The main reason for acquiring better accuracy is the use of integration of different modern techniques (RU, t-SNE, PCA, LRL, and SVD). These techniques perform a quicker data training process for increasing accuracy. Furthermore, these integrated techniques help to detect fraud successfully. PCA is employed to obtain lower-dimensional data while retaining as much variation in the data. The exploratory data analysis and predictive modeling are performed to reduce dimensionality by projecting each data point onto only the first few major components. In order to further improve accuracy, t-SNE is used to reduce dimensionality by keeping similar and dissimilar instances apart. LRL is also used to assess the success and failure probability of CNP fraud. In order to predict the relationship between various legitimate and illegitimate transactions, the interaction of predictor factors is simulated. However, the integration of modern techniques can increase the complexity. Thus, this issue has been resolved by using the dimensionality reduction feature process. This process helps to describe the procedure for reducing the number of variables in training data. When working with high-dimensional data, it may be useful to reduce dimensionality by projecting the data to a lower-dimensional subspace that captures the core of the data.
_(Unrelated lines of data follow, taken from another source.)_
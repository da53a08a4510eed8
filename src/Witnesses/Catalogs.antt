-- ===== src/Witnesses/Catalogs.antt =====
-- The theorems on the catalog, the indexer and integrity, at a file of two bytes.
use teldrive_lab.Prelude.{
  List, Option, ◌≤◌, ◌+◌, String, true, false, none, some, [], ◌∷◌, if◌then◌else◌, ◌≡◌, ◌↔◌, ◌⊎◌,
  refl, arith, All, length, pos, is_some,
}
use teldrive_lab.Models.{SourceType, EncryptionClass, HashState, VerificationState, FileRecord}
use teldrive_lab.Catalog.{get, upsert}
use teldrive_lab.Catalog.Laws.{row_of, get-upsert}
use teldrive_lab.Catalog.Unique.{IsUnique, upsert-IsUnique}
use teldrive_lab.Indexer.{IndexLimits, ScanEntry, IndexState, scan_loop, start}
use teldrive_lab.Indexer.Bounds.{scan_loop_ends}
use teldrive_lab.Files.{plain_text}
use teldrive_lab.Reconcile.{reconcile_file}
use teldrive_lab.Integrity.{
  IntegrityState, FileSystem, verify_path, verify_records, stale_checksum_paths, duplicate_groups,
}
use teldrive_lab.Integrity.Laws.{verify_path-reconcile_file}
use teldrive_lab.Integrity.Freshness.{stale_checksum_paths-verify_records}
use teldrive_lab.Integrity.Groups.{IsDuplicate, duplicate_groups-IsDuplicate}
use teldrive_lab.Witnesses.Transfers.{disk, sum_text}

abbrev seen : String → FileRecord
seen path = record {
  path = path;
  name = "in";
  parent_path = none;
  size = some (pos 2);
  mime_type = none;
  extension = none;
  created_at = none;
  modified_at = none;
  sha256 = some "1";
  hash_state = HashState.computed;
  source_type = SourceType.local;
  source_identifier = "host";
  destination_type = none;
  destination_identifier = none;
  telegram_file_id = none;
  telegram_message_id = none;
  telegram_channel_id = none;
  encryption_class = EncryptionClass.raw;
  verification_state = VerificationState.verified;
  tags = none;
  job_id = none;
  first_seen_at = "2026-01-01";
  last_seen_at = "2026-01-02";
  id = none;
}

abbrev file_system : FileSystem
file_system = record { disk = disk; unreadable = λ p. false; modified_ns = λ p. 5 }

get-upsert_example :
    ((upsert 1 (seen "/srv/in") []).0
      ≡ some (row_of 1 (seen "/srv/in") (get SourceType.local "host" "/srv/in" [])))
    × (get SourceType.local "host" "/srv/in" (upsert 1 (seen "/srv/in") []).1
        ≡ some (row_of 1 (seen "/srv/in") (get SourceType.local "host" "/srv/in" [])))
get-upsert_example = get-upsert 1 (seen "/srv/in") SourceType.local "host" "/srv/in" []

empty-IsUnique : IsUnique []
empty-IsUnique t i p = omega arith

upsert-IsUnique_example :
    IsUnique (upsert 1 (seen "/srv/in") []).1
    × (length (upsert 1 (seen "/srv/in") []).1
        ≡ 0 + (if is_some (get SourceType.local "host" "/srv/in" []) then 0 else 1))
upsert-IsUnique_example = upsert-IsUnique 1 (seen "/srv/in") [] empty-IsUnique

verify_path-reconcile_file_example :
    ((verify_path sum_text file_system "/srv/in" (some "") (some (pos 2))).state
      ≡ IntegrityState.verified)
    ↔ ((false ≡ false)
        × (((reconcile_file sum_text (plain_text "/srv/in") (some 2) (some "") disk).verified
              ≡ true)
            ⊎ ((◌≡◌ {A = Option String} (some "") (some ""))
                × ((reconcile_file sum_text (plain_text "/srv/in") (some 2) none disk).verified
                    ≡ true))))
verify_path-reconcile_file_example =
    verify_path-reconcile_file sum_text file_system "/srv/in" (some "") (some 2)

stale_checksum_paths-verify_records_example :
    stale_checksum_paths sum_text file_system
      (seen "/srv/in" ∷ seen "/srv/gone" ∷ [])
      (verify_records sum_text file_system
        (λ n. "now")
        (seen "/srv/in" ∷ seen "/srv/gone" ∷ [])
        []).1
    ≡ []
stale_checksum_paths-verify_records_example =
    stale_checksum_paths-verify_records sum_text file_system (λ n. "now")
      (seen "/srv/in" ∷ seen "/srv/gone" ∷ []) [] (refl, (refl, tt))

duplicate_groups-IsDuplicate_example :
    All
      (IsDuplicate (seen "/srv/in" ∷ seen "/srv/copy" ∷ []))
      (duplicate_groups (seen "/srv/in" ∷ seen "/srv/copy" ∷ []))
duplicate_groups-IsDuplicate_example =
    duplicate_groups-IsDuplicate (seen "/srv/in" ∷ seen "/srv/copy" ∷ [])

abbrev nested : ScanEntry
nested = record {
  name = "d";
  path = "/srv/d";
  parent = "/srv";
  stat_fails = false;
  is_symlink = false;
  is_dir = true;
  size = 0;
  suffix = none;
  created_at = none;
  modified_at = "2026-01-01";
}

-- Every directory holds the same directory.
abbrev scandir : String → Option (List ScanEntry)
scandir p = some (nested ∷ [])

abbrev limits : IndexLimits
limits = record { max_entries = 2; max_depth = 9 }

scan_loop_ends_example :
    (t : IndexState) × (scan_loop scandir limits SourceType.local "host" "now"
        (λ n. n)
        3
        (start scandir limits SourceType.local "host" "now" (λ n. n) [])
        (("/srv", 0) ∷ [])
      ≡ some t)
    × (t.indexed ≤ 2)
    × (length t.seen ≡ t.indexed)
scan_loop_ends_example =
    scan_loop_ends scandir limits SourceType.local "host" "now" (λ n. n) 3 "/srv" [] (omega arith)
The challenge encountered is the process of integration of different techniques.
6. Conclusions
The rise in fraudulent activity is massively increased due to e-banking transactions that put a burden on fraud control systems. In this research, we present a CCFDP method for detecting credit card fraud detection and prevention. The proposed method involves FDP and FPP. The FDP consists of four cutting-edge methods used in the FDP module: RU, t-SNE, PCA, and SVD processes. The FPP uses logistic regression learning. Furthermore, the Random Under Sampling approach has been employed to increase detection accuracy by balancing the number of fake samples with authentic ones. Different tests have been conducted on 1%, 2%, and 5% fraud proportions to demonstrate the efficiency of the proposed CCFDP. The results confirm that our proposed method has greater fraud detection accuracy. Furthermore, the accuracy of the proposed CCFDP is compared with the state-of-the-art (CATCHM, LSTM-RNN, CSLMLE, CCFDM, ESDL, ITCCFD, and BTG). Based on the comparison result, the proposed CCFDP outperforms current state-of-the-art methods. Moreover, the proposed CCFDP has the capability to prevent fraud as compared to counterpart methods. The result of fraud prevention accuracy also confirms the suitability of the proposed method.
In the future, we will assess the proposed CCFDP’s time and space complexity, as well as other quality-of-service factors.